4) After waiting years to recover from those effects and finally closer to my previous baseline, I developed a disability that can cause a huge list of possible neurological, physical, & cognitive symptoms. It is unpredictable (and has the possibility to either improve or get worse or both), so people with the diagnosis don't know which ones they will have. Part of this was possibly triggered by an extreme pain condition since I was younger that became chronic after being neglected
5) After that disability had improved some, I developed another severe symptom and previous symptoms also got worse again. One aspect of this symptom is that it causes intense fear. Again, my mental health (panic disorder) became much worse & again, to a level that I didn't think was possible
6) Probable neurodivergence symptoms which have only worsened since developing the other disability since it affects many of the same abilities at an even more intense level
7) Extremely controlling family members who prevented me from gaining independence skills and stunted my social development even more. My main goal that kept me going was that one day, I could "get away" and "life would get better." Instead, I had no idea what I was doing because I went from almost completely controlled to expected to figure out everything on my own with no help/mentorship. And my mental health got worse from such a large increase in responsibilities
8) And after trying as hard as humanly possible to please my controlling family (which never happened) who added on their anxieties to my already existing anxiety, to get good grades and be able to get away, to finally get treatment on my own for my mental health that had been neglected for at least 10 years, and work on life skills and social skills that I was prevented from reaching at the "normal" milestone ages, I'm stuck dependent on my controlling family with even worse mental health symptoms, numerous new mental illness conditions, and physical disability making it so that I can't even leave the house by myself anymore. And I also don't have control over what mental health treatments I can try now.
9) Anxiety, depression, & social anxiety, possible trauma
10) I also tried meeting as many people as possible to make friends during the short amount of time that I was not at home (which took all of my energy & effort due to the mental illness symptoms, social struggles/communication difficulties that I didn't realize I had, & social anxiety) and have basically lost contact with all of them
11) I now have many barriers preventing me from being able to access or do methods that were previously accessible for me :(
And like some people have mentioned, I think having the ability to do it as an option prevented me in a way. Tbh, if I had known everything that would happen in my future, I would have tried earlier when I was still able to access my chosen method. But, I got scared and didn't prepare/procrastinated instead.

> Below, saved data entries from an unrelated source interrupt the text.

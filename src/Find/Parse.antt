-- ===== src/Find/Parse.antt =====
-- `FindCommandParser` of src/find.cc and `FindCommand::Parse`. A parser runs on the text that is left
-- and the token that was put back; `none` stands for `false` and for a null pointer, after which the
-- whole command is refused. Each call and each round costs a unit of fuel.
use kati.Prelude.{
  ℕ, zero, suc, ◌-◌, Bool, true, false, not, ◌||◌, Option, none, some, [], Bytes, length, take,
  drop, ltb, ◌==◌, if◌then◌else◌, ◌>>=◌, codes, text_eq,
}
use kati.Piece.{get, substr, index_of}
use kati.Strutil.Words.{is_space, count_until}
use kati.Strutil.Trim.{trim_left_space, backslash}
use kati.Find.{
  EntryType, blk, chr, dir, fifo, lnk, reg, sock, FindCond, name_cond, type_cond, not_cond,
  and_cond, or_cond,
}

-- `cur_` and `unget_tok_`.
pub record Lexer : Type 0 where
  pub cur : Bytes
  pub unget_tok : Bytes

abbrev pub ends_token : ℕ → Bool
ends_token c = is_space c || c == b';' || c == b'&'

-- What is left of a token: quotes around it, or a backslash before it.
unfoldable pub unquote : Bytes → Option Bytes
unfolding substr index_of
unquote tok =
    let c = get tok 0 in
    let inner = if c == backslash then drop 1 tok else tok in
    if c == b'\'' || c == b'"'
    then (if ltb (length tok) 2 || not (get tok (length tok - 1) == c)
        then none
        else some (substr tok 1 (some (length tok - 2))))
    else (elim (index_of backslash inner) [ none ↦ some inner | some i ↦ none ])

-- The first `n` bytes as a token.
unfoldable pub word_token : Bytes → ℕ → Option (Bytes × Lexer)
unfolding unquote
word_token cur n = elim (unquote (take n cur)) [
  | none ↦ none
  | some tok ↦ some (tok, record { cur = drop n cur; unget_tok = [] })
]

-- A token of the text with no blanks before it.
unfoldable pub scan_token : Bytes → Option (Bytes × Lexer)
unfolding count_until word_token
scan_token cur =
    let word = word_token cur (count_until ends_token cur) in
    if get cur 0 == b';'
    then some (take 1 cur, record { cur = drop 1 cur; unget_tok = [] })
    else if get cur 0 == b'&'
    then (if not (get cur 1 == b'&')
        then none
        else some (take 2 cur, record { cur = drop 2 cur; unget_tok = [] }))
    else word

-- `GetNextToken`; the token is empty at the end.
unfoldable pub get_next_token : Lexer → Option (Bytes × Lexer)
unfolding scan_token trim_left_space
get_next_token l =
    if not (length l.unget_tok == 0)
    then some (l.unget_tok, record l { unget_tok = [] })
    else scan_token (trim_left_space l.cur)

-- `UngetToken`; `none` where the `CHECK` fails.
unfoldable pub unget_token : Bytes → Lexer → Option Lexer
unget_token tok l =
    if not (length l.unget_tok == 0) then none else some (record l { unget_tok = tok })

-- A token that must be there.
unfoldable pub get_some_token : Lexer → Option (Bytes × Lexer)
unfolding get_next_token
get_some_token l = do (tok, l') ← get_next_token l; if length tok == 0 then none else some (tok, l')

-- A token that must be a given one.
unfoldable pub expect : Bytes → Lexer → Option Lexer
unfolding get_next_token
expect t l = do (tok, l') ← get_next_token l; if text_eq tok t then some l' else none

unfoldable pub parse_type : Bytes → Option EntryType
parse_type tok =
    if text_eq tok (codes "b")
    then some blk
    else if text_eq tok (codes "c")
    then some chr
    else if text_eq tok (codes "d")
    then some dir
    else if text_eq tok (codes "p")
    then some fifo
    else if text_eq tok (codes "l")
    then some lnk
    else if text_eq tok (codes "f")
    then some reg
    else if text_eq tok (codes "s")
    then some sock
    else none

abbrev pub is_not : Bytes → Bool
is_not tok = text_eq tok (codes "-not") || text_eq tok (codes "!")

abbrev pub is_and : Bytes → Bool
is_and tok = text_eq tok (codes "-and") || text_eq tok (codes "-a")

abbrev pub is_or : Bytes → Bool
is_or tok = text_eq tok (codes "-or") || text_eq tok (codes "-o")

-- A token with which a fact starts.
abbrev pub starts_fact : Bytes → Bool
starts_fact tok =
    is_not tok
    || text_eq tok (codes "(")
    || text_eq tok (codes "-name")
    || text_eq tok (codes "-type")

-- What a token at the start of a fact asks for.
pub data Fact : Type 0 where
  negation : Fact
  group : Fact
  name : Fact
  type : Fact
  no_fact : Fact

unfoldable pub fact_of : Bytes → Fact
fact_of tok =
    if is_not tok
    then negation
    else if text_eq tok (codes "(")
    then group
    else if text_eq tok (codes "-name")
    then name
    else if text_eq tok (codes "-type")
    then type
    else no_fact

-- What a token behind a fact asks for.
pub data Joint : Type 0 where
  and_next : Joint
  and_here : Joint
  or_next : Joint
  other : Joint

unfoldable pub joint_of : Bytes → Joint
joint_of tok =
    if is_and tok
    then and_next
    else if starts_fact tok
    then and_here
    else if is_or tok
    then or_next
    else other

unfoldable mutual
  -- `ParseFact`.
  pub parse_fact : ℕ → Bytes → Lexer → Option (FindCond × Lexer)
  parse_fact zero tok l = none
  parse_fact (suc f) tok l = elim (fact_of tok) [
    | no_fact ↦ none
    | negation ↦ do (t, l') ← get_some_token l; (c, l'') ← parse_fact f t l'; some (not_cond c, l'')
    | group ↦ do
      (t, l') ← get_some_token l
      (c, l'') ← parse_cond f t l'
      l''' ← expect (codes ")") l''
      some (c, l''')
    | name ↦ do (t, l') ← get_some_token l; some (name_cond t, l')
    | type ↦ do (t, l') ← get_some_token l; e ← parse_type t; some (type_cond e, l')
  ]

  -- `ParseTerm`.
  pub parse_term : ℕ → Bytes → Lexer → Option (FindCond × Lexer)
  parse_term zero tok l = none
  parse_term (suc f) tok l = do (c, l') ← parse_fact f tok l; parse_facts f c l'

  -- The loop of `ParseTerm`.
  pub parse_facts : ℕ → FindCond → Lexer → Option (FindCond × Lexer)
  parse_facts zero c l = none
  parse_facts (suc f) c l = do
    (tok, l') ← get_next_token l
    elim (joint_of tok) [
      | and_next ↦ do
        (t, l'') ← get_some_token l'
        (d, l''') ← parse_fact f t l''
        parse_facts f (and_cond c d) l'''
      | and_here ↦ do (d, l'') ← parse_fact f tok l'; parse_facts f (and_cond c d) l''
      | or_next ↦ do l'' ← unget_token tok l'; some (c, l'')
      | other ↦ do l'' ← unget_token tok l'; some (c, l'')
    ]

  -- `ParseExpr`, which is `ParseFindCond`.
  pub parse_cond : ℕ → Bytes → Lexer → Option (FindCond × Lexer)
  parse_cond zero tok l = none
  parse_cond (suc f) tok l = do (c, l') ← parse_term f tok l; parse_terms f c l'

  -- The loop of `ParseExpr`.
  pub parse_terms : ℕ → FindCond → Lexer → Option (FindCond × Lexer)
  parse_terms zero c l = none
  parse_terms (suc f) c l = do
    (tok, l') ← get_next_token l
    elim (is_or tok) [
      | false ↦ do l'' ← unget_token tok l'; some (c, l'')
      | true ↦ do
        (t, l'') ← get_some_token l'
        (d, l''') ← parse_term f t l''
        parse_terms f (or_cond c d) l'''
    ]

12) I have more reasons, but paranoid about sharing too much info which I probably already did
13) Not being believed, so I can't get help with certain conditions. And developing more mental disorders that other people don't understand which also cause an even higher level of loneliness. And somehow, they are all disorders that I read most therapists do not have experience in treating or are under-researched because there aren't medications that treat them.